FPGA Implementation of Reduced Precision Convolutional Neural Networks
Nabil, Muhammad Mohid
MetadataShow full item record
With the improvement in processing systems, machine learning applications are finding widespread use in almost all sectors of technology. Image recognition is one application of machine learning which has become widely popular with various architectures and systems aimed at improving recognition performance. With classification accuracy now approaching saturation point, many researchers are now focusing on resource and energy efficiency. With the increased demand for learning applications in embedded devices, it is of paramount importance to optimize power and energy consumption to increase utility in these low power embedded systems. In recent months, reduced precision neural networks have caught the attention of some researchers. Reduced data width deep nets offer the potential of saving valuable resources on hardware platforms. In turn, these hardware platforms such as Field Programmable Gate Arrays (FPGAs) offer the potential of a low power system with massive parallelism increasing throughput and performance. In this research, we explore the implementations of a deep learning architecture on FPGA in the presence of resource and energy constraints. We study reduced precision neural networks and implement one such architecture as a proof of concept. We focus on binarized convolutional neural network and its implementation on FPGAs. Binarized convolutional nets have displayed a classification accuracy of up to 88% with some smaller image sets such as CIFAR-10. This number is on the rise with some of the new architectures.
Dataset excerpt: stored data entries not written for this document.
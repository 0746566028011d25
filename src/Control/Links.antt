-- ===== src/Control/Links.antt =====
-- A link holds no connection while it refuses to make one.
use sismatic.Common.{
  ℕ, suc, ◌≡◌, refl, sym, ap, ◌∙◌, subst, false, ◌&&◌, none, some, List, [], ◌∷◌, ok, err, arith,
  inl, inr, some_injective, Bool-cases, Option-cases, Result-cases, ltb,
}
use sismatic.Devices.AutoDisabled.{AutoDisabled, is_some}
use sismatic.Fleet.Config.{DeviceConfig}
use sismatic.Protocol.Replies.{Instruction}
use sismatic.Control.Exchange.{Controller, run}
use sismatic.Control.Execution.{dial_device-Dials}
use sismatic.Control.Rounds.{last_round, executed, exec_loop_lem}
use sismatic.Control.Device.{
  DeviceError, Dial, Dialed, opened, refused, stalled, Link, Outside, Done, exchanged, goes_round,
  dial_device, dial_through, connect_device, exec, run_device, probe_device, field_veto,
}

-- Not both a connection and a gate.
abbrev pub IsSound : Link → Type 0
IsSound link = (is_some link.conn && is_some link.cold_until) ≡ false

gateless-IsSound : (link : Link) → link.cold_until ≡ none → IsSound link
gateless-IsSound link e = elim (Option-cases link.conn) [
  | inl f ↦ ground (arith, e, f)
  | inr (c, f) ↦ ground (arith, e, f)
]

connected_gateless :
    (link : Link) (c : Controller) → IsSound link → link.conn ≡ some c → link.cold_until ≡ none
connected_gateless link c h e = elim (Option-cases link.cold_until) [
  | inl f ↦ f
  | inr (t, f) ↦ absurd (ground (arith, e, f, h))
]

module _ (config : DeviceConfig) (clock : ℕ → ℕ) where
  dial_through_clears :
      (link : Link) (dials : List Dialed) (n : ℕ) (c : Controller)
      → let dialed = dial_through config clock link (record { dials = dials; readings = n }) in
        dialed.0 ≡ ok c → dialed.1.cold_until ≡ none
  unfolding dial_through connect_device
  dial_through_clears link [] n c h = absurd (cc)
  dial_through_clears link (opened t ∷ dials) n c h = refl
  dial_through_clears link (refused e ∷ dials) n c h = absurd (cc)
  dial_through_clears link (stalled ∷ dials) n c h = absurd (cc)

  -- A dial that succeeds leaves no gate.
  dial_device_clears :
      (dial : Dial) (link : Link) (out : Outside) (c : Controller)
      → (dial_device config clock dial link out).0 ≡ ok c
      → (dial_device config clock dial link out).1.cold_until ≡ none
  unfolding dial_device
  dial_device_clears Dial.always link out c h = dial_through_clears link out.dials out.readings c h
  dial_device_clears Dial.when_warm link out c h = elim (Option-cases link.cold_until) [
    | inl free ↦
        let through : dial_device config clock Dial.when_warm link out
            ≡ dial_through config clock link out =
          rw free refl in
        ap (λ d. d.1.cold_until) through
        ∙ dial_through_clears link out.dials out.readings c (sym (ap (λ d. d.0) through) ∙ h)
    | inr (until, gated) ↦ elim (Bool-cases (ltb (clock out.readings) until)) [
      | inl early ↦ absurd (ground (arith, gated, early))
      | inr late ↦
          let counted : Outside = record out { readings = suc out.readings } in
          let through : dial_device config clock Dial.when_warm link out
              ≡ dial_through config clock link counted =
            rw (gated, late) refl in
          ap (λ d. d.1.cold_until) through
          ∙ dial_through_clears link out.dials (suc out.readings) c
              (sym (ap (λ d. d.0) through) ∙ h)
    ]
  ]

  exchanged_gate :
      (i : Instruction) (c : Controller) (link : Link) (out : Outside)
      → (exchanged config clock i c link out).1.cold_until ≡ link.cold_until
  exchanged_gate i c link out = elim (Result-cases (run i c).0) [
    | inl (v, e) ↦ ground (arith, e)
    | inr (d, e) ↦ ground (arith, e)
  ]

  exchanged-IsSound :
      (i : Instruction) (c : Controller) (link : Link) (out : Outside)
      → link.cold_until ≡ none
      → IsSound (exchanged config clock i c link out).1
  exchanged-IsSound i c link out e =
      gateless-IsSound (exchanged config clock i c link out).1 (exchanged_gate i c link out ∙ e)

  unconnected-IsSound : (link : Link) → link.conn ≡ none → IsSound link
  unconnected-IsSound link e = ground (arith, e)

  last_round-IsSound :
      (i : Instruction) (dial : Dial) (link : Link) (out : Outside)
      → IsSound link
      → IsSound (last_round config clock i dial link out).1
  last_round-IsSound i dial link out h = elim (Option-cases link.conn) [
    | inr (c, e) ↦
        let round : last_round config clock i dial link out ≡ exchanged config clock i c link out =
          ground (arith, e) in
        subst (λ r. IsSound r.1) (sym round)
          (exchanged-IsSound i c link out (connected_gateless link c h e))
    | inl e ↦ elim (Result-cases (dial_device config clock dial link out).0) [
      | inl (c, f) ↦
          let dialed = dial_device config clock dial link out in
          let round : last_round config clock i dial link out
              ≡ exchanged config clock i c dialed.1 dialed.2 =
            ground (arith, e, f) in
          subst (λ r. IsSound r.1) (sym round)
            (exchanged-IsSound i c dialed.1 dialed.2 (dial_device_clears dial link out c f))
      | inr (d, f) ↦
          let dialed = dial_device config clock dial link out in
          let round : last_round config clock i dial link out ≡ (err d, dialed.1, dialed.2) =
            ground (arith, e, f) in
          subst (λ r. IsSound r.1) (sym round)
            (unconnected-IsSound dialed.1 ((dial_device-Dials config clock dial link out).0 ∙ e))
    ]
  ]

  exec-IsSound :
      (i : Instruction) (dial : Dial) (link : Link) (out : Outside)
      → IsSound link
      → IsSound (executed config clock i dial link out).1
  exec-IsSound i dial link out h = elim (Option-cases link.conn) [
    | inl e ↦
        let all : executed config clock i dial link out ≡ last_round config clock i dial link out =
          ground (arith, e) in
        subst (λ r. IsSound r.1) (sym all) (last_round-IsSound i dial link out h)
    | inr (c, e) ↦
        let first = exchanged config clock i c link out in
        elim (Bool-cases (goes_round config clock false first)) [
          | inr ends ↦
              let all : executed config clock i dial link out ≡ first = ground (arith, e, ends) in
              subst (λ r. IsSound r.1) (sym all)
                (exchanged-IsSound i c link out (connected_gateless link c h e))
          | inl again ↦
              let all : executed config clock i dial link out
                  ≡ last_round config clock i dial first.1 first.2 =
                ground (arith, e, again) in
              subst (λ r. IsSound r.1) (sym all)
                (last_round-IsSound i dial first.1 first.2
                  (exchanged-IsSound i c link out (connected_gateless link c h e)))
        ]
  ]

  pub exec-executed :
      (i : Instruction) (dial : Dial) (link : Link) (out : Outside)
      → exec config clock i dial link out ≡ some (executed config clock i dial link out)
  unfolding exec
  exec-executed i dial link out = exec_loop_lem config clock 0 i dial link out

  -- The links that a device has: the one that it begins with, and those that its commands leave.
  pub data LinkReach : Link → Type 0 where
    fresh : LinkReach (record { conn = none; cold_until = none })
    ran :
        (i : Instruction) (fields : AutoDisabled) (link : Link) (out : Outside) (done : Done)
        → run_device config clock i fields link out ≡ some done
        → LinkReach link
        → LinkReach done.1
    probed :
        (i : Instruction) (link : Link) (out : Outside) (done : Done)
        → probe_device config clock i link out ≡ some done
        → LinkReach link
        → LinkReach done.1

  exec_leaves :
      (i : Instruction) (dial : Dial) (link : Link) (out : Outside) (done : Done)
      → exec config clock i dial link out ≡ some done
      → IsSound link
      → IsSound done.1
  exec_leaves i dial link out done e h =
      subst (λ r. IsSound r.1) (some_injective (sym (exec-executed i dial link out) ∙ e))
        (exec-IsSound i dial link out h)

  run_device_leaves :
      (i : Instruction) (fields : AutoDisabled) (link : Link) (out : Outside) (done : Done)
      → run_device config clock i fields link out ≡ some done
      → IsSound link
      → IsSound done.1
  unfolding run_device
  run_device_leaves i fields link out done e h =
      elim (Option-cases (field_veto config (clock out.readings) i.name fields)) [
        | inl allowed ↦
            exec_leaves i Dial.when_warm link (record out { readings = suc out.readings }) done
              (sym (rw (allowed, run_device) refl) ∙ e) h
        | inr (veto, vetoed) ↦
            let refusal : run_device config clock i fields link out
                ≡ some (
                  err (DeviceError.disabled i.name veto.0 veto.1),
                  link,
                  record out { readings = suc out.readings },
                ) =
              rw (vetoed, run_device) refl in
            subst (λ r. IsSound r.1) (some_injective (sym refusal ∙ e)) h
      ]

  -- Whatever commands and probes a device has run, and whatever its dials have come to, its link never
  -- holds a connection and a gate together.
  pub LinkReach-IsSound : (link : Link) → LinkReach link → IsSound link
  unfolding probe_device
  LinkReach-IsSound _ fresh = refl
  LinkReach-IsSound _ (ran i fields link out done e reach) =
      run_device_leaves i fields link out done e (LinkReach-IsSound link reach)
  LinkReach-IsSound _ (probed i link out done e reach) =
      exec_leaves i Dial.always link out done e (LinkReach-IsSound link reach)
We study the tradeoff between architecture depth and its impact on accuracy to get a better understanding of the convolutional layers and their impact on the overall performance. This is done from a hardware perspective giving us better insight enabling better resource allocation on FPGA fabric. Zynq ZCU-102 has been used for accelerator implementation. High level synthesis tool (Vivado HLS) from Xilinx is used for CNN definition on FPGA fabric.